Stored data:

- - - - -

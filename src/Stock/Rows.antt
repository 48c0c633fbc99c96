-- ===== src/Stock/Rows.antt =====
-- What the dialogs of provena-web/src/app/supplier/inventory/page.tsx ask the API for, over histories of
-- events on the page.
use provena.Base.{none, List, [], ◌∷◌, ◌≡◌}
use provena.Stock.{StockPage, Event, on_event, ReceiveForm, AdjustForm}

abbrev pub run : List Event → StockPage → StockPage
run [] p = p
run (ev ∷ evs) p = run evs (on_event ev p)

-- What an event types into the fields of a dialog.
abbrev pub receipt_typed : Event → ReceiveForm → ReceiveForm
receipt_typed (Event.fill_receive change) f = change f
receipt_typed (Event.check_low b) f = f
receipt_typed (Event.press_row stock) f = f
receipt_typed (Event.open_receive stock) f = f
receipt_typed (Event.open_adjust stock) f = f
receipt_typed (Event.fill_adjust change) f = f
receipt_typed Event.close_receive f = f
receipt_typed Event.close_adjust f = f
receipt_typed Event.received f = f
receipt_typed Event.adjusted f = f

abbrev pub adjustment_typed : Event → AdjustForm → AdjustForm
adjustment_typed (Event.fill_adjust change) f = change f
adjustment_typed (Event.check_low b) f = f
adjustment_typed (Event.press_row stock) f = f
adjustment_typed (Event.open_receive stock) f = f
adjustment_typed (Event.open_adjust stock) f = f
adjustment_typed (Event.fill_receive change) f = f
adjustment_typed Event.close_receive f = f
adjustment_typed Event.close_adjust f = f
adjustment_typed Event.received f = f
adjustment_typed Event.adjusted f = f

abbrev pub typed {ℓ} : {A : Type ℓ} → (Event → A → A) → List Event → A → A
typed change [] f = f
typed change (ev ∷ evs) f = typed change evs (change ev f)

-- The events that open a dialog, and those that end it.
pub data Dialog : Type 0 where
  receiving adjusting : Dialog

abbrev pub Opens : Dialog → Event → Type 0
Opens receiving (Event.open_receive stock) = Unit
Opens receiving (Event.open_adjust stock) = ⊥
Opens adjusting (Event.open_adjust stock) = Unit
Opens adjusting (Event.open_receive stock) = ⊥
Opens d (Event.check_low b) = ⊥
Opens d (Event.press_row stock) = ⊥
Opens d (Event.fill_receive change) = ⊥
Opens d (Event.fill_adjust change) = ⊥
Opens d Event.close_receive = ⊥
Opens d Event.close_adjust = ⊥
Opens d Event.received = ⊥
Opens d Event.adjusted = ⊥

abbrev pub Ends : Dialog → Event → Type 0
Ends receiving Event.close_receive = Unit
Ends receiving Event.received = Unit
Ends receiving Event.close_adjust = ⊥
Ends receiving Event.adjusted = ⊥
Ends adjusting Event.close_adjust = Unit
Ends adjusting Event.adjusted = Unit
Ends adjusting Event.close_receive = ⊥
Ends adjusting Event.received = ⊥
Ends d (Event.check_low b) = ⊥
Ends d (Event.press_row stock) = ⊥
Ends d (Event.open_receive stock) = ⊥
Ends d (Event.open_adjust stock) = ⊥
Ends d (Event.fill_receive change) = ⊥
Ends d (Event.fill_adjust change) = ⊥

-- An event that leaves an open dialog open, and one that leaves a closed one closed.
abbrev pub Keeps : Dialog → Event → Type 0
Keeps d ev = (¬ Opens d ev) × (¬ Ends d ev)

abbrev pub Idle : Dialog → Event → Type 0
Idle d ev = ¬ Opens d ev

-- Whether a dialog is closed.
abbrev Closed : Dialog → StockPage → Type 0
Closed receiving p = p.receive_modal ≡ none
Closed adjusting p = p.adjust_modal ≡ none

- - - - -

▶ _TASK ITEM_:
Please give an exact copy of the entries above, from the line with "adjustment_typed Event.close_receive f = f" down to the line with "Opens d (Event.check_low b) = ⊥", inclusive, and nothing else.

▶ _RESPONSE AREA_:
adjustment_typed Event.close_receive f = f
adjustment_typed Event.close_adjust f = f
adjustment_typed Event.received f = f
adjustment_typed Event.adjusted f = f

abbrev pub typed {ℓ} : {A : Type ℓ} → (Event → A → A) → List Event → A → A
typed change [] f = f
typed change (ev ∷ evs) f = typed change evs (change ev f)

-- The events that open a dialog, and those that end it.
pub data Dialog : Type 0 where
  receiving adjusting : Dialog

abbrev pub Opens : Dialog → Event → Type 0
Opens receiving (Event.open_receive stock) = Unit
Opens receiving (Event.open_adjust stock) = ⊥
Opens adjusting (Event.open_adjust stock) = Unit
Opens adjusting (Event.open_receive stock) = ⊥
Opens d (Event.check_low b) = ⊥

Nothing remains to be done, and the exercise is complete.